### WHAT THE TASK ASKS
Of the lines listed below, return exactly those that run from the line containing "-- ===== src/Verify/Batch.antt" through the line containing "abbrev pub AllChecked", both included.

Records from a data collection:
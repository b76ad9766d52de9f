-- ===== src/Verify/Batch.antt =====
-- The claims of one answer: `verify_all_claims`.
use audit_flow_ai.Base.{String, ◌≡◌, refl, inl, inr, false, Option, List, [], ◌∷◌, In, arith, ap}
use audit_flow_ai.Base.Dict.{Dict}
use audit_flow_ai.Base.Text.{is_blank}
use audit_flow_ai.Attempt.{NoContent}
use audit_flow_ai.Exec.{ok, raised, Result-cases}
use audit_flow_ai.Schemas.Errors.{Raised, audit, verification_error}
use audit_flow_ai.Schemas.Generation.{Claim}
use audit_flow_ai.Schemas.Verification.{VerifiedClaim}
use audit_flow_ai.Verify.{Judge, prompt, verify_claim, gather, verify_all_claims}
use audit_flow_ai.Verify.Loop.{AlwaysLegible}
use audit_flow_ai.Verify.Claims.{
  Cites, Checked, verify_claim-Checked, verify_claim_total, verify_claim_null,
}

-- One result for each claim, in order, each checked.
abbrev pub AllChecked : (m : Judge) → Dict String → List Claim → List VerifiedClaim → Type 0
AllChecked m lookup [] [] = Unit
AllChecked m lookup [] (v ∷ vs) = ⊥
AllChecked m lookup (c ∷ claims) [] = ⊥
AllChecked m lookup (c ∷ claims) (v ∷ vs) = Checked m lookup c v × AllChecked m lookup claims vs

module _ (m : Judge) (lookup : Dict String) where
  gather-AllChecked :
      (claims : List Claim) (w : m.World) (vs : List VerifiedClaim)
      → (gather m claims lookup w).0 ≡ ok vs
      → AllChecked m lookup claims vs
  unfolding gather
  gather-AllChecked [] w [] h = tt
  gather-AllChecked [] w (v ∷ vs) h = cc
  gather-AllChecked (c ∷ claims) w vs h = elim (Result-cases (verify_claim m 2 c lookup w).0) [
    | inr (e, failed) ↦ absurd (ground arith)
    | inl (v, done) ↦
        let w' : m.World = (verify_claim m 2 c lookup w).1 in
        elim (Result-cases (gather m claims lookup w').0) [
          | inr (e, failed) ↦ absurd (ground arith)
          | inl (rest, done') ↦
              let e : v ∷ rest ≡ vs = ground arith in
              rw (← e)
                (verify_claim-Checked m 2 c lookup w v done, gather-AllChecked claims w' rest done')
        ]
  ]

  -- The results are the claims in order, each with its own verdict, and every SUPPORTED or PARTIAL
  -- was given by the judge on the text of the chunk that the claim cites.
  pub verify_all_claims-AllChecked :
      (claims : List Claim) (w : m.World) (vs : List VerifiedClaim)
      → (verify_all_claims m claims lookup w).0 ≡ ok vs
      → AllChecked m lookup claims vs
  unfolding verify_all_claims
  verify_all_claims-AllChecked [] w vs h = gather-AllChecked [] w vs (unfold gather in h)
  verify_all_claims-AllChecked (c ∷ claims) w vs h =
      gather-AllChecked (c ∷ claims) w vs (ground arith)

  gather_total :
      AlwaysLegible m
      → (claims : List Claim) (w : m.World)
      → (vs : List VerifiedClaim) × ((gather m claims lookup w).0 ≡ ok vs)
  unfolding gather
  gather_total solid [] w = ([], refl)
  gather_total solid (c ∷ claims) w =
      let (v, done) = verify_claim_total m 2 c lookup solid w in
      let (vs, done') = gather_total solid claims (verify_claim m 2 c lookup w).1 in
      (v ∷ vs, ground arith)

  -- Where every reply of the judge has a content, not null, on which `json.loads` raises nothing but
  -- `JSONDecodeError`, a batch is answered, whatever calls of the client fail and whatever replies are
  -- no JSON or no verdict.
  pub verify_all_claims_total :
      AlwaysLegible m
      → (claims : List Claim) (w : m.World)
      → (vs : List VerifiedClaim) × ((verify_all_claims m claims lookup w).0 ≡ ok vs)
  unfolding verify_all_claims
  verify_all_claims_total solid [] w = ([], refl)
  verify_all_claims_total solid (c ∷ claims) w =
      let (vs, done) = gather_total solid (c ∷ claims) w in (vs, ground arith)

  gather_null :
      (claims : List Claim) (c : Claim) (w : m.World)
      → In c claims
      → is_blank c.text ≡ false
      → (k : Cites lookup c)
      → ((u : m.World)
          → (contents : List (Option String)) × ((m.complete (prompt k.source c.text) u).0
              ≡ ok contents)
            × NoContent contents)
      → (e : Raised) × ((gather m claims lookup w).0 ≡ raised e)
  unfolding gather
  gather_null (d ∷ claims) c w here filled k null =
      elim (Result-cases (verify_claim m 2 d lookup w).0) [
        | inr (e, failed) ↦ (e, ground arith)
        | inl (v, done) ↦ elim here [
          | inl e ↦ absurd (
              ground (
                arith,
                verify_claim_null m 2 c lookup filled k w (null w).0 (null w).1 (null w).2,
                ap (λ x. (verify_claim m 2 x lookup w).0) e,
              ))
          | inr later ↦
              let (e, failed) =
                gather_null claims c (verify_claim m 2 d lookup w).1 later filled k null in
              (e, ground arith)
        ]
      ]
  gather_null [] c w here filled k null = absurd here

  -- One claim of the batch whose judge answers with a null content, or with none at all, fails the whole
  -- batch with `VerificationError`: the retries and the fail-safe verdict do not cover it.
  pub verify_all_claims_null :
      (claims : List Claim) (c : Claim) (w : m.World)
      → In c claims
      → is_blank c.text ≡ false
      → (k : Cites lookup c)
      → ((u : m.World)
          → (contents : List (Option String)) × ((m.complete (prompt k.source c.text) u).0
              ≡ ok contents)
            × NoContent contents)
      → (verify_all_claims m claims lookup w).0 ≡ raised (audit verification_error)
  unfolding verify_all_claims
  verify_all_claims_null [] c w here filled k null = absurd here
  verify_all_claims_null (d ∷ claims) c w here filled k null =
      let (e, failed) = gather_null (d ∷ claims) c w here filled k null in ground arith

### SOLUTION TO THIS EXERCISE
-- ===== src/Verify/Batch.antt =====
-- The claims of one answer: `verify_all_claims`.
use audit_flow_ai.Base.{String, ◌≡◌, refl, inl, inr, false, Option, List, [], ◌∷◌, In, arith, ap}
use audit_flow_ai.Base.Dict.{Dict}
use audit_flow_ai.Base.Text.{is_blank}
use audit_flow_ai.Attempt.{NoContent}
use audit_flow_ai.Exec.{ok, raised, Result-cases}
use audit_flow_ai.Schemas.Errors.{Raised, audit, verification_error}
use audit_flow_ai.Schemas.Generation.{Claim}
use audit_flow_ai.Schemas.Verification.{VerifiedClaim}
use audit_flow_ai.Verify.{Judge, prompt, verify_claim, gather, verify_all_claims}
use audit_flow_ai.Verify.Loop.{AlwaysLegible}
use audit_flow_ai.Verify.Claims.{
  Cites, Checked, verify_claim-Checked, verify_claim_total, verify_claim_null,
}

-- One result for each claim, in order, each checked.
abbrev pub AllChecked : (m : Judge) → Dict String → List Claim → List VerifiedClaim → Type 0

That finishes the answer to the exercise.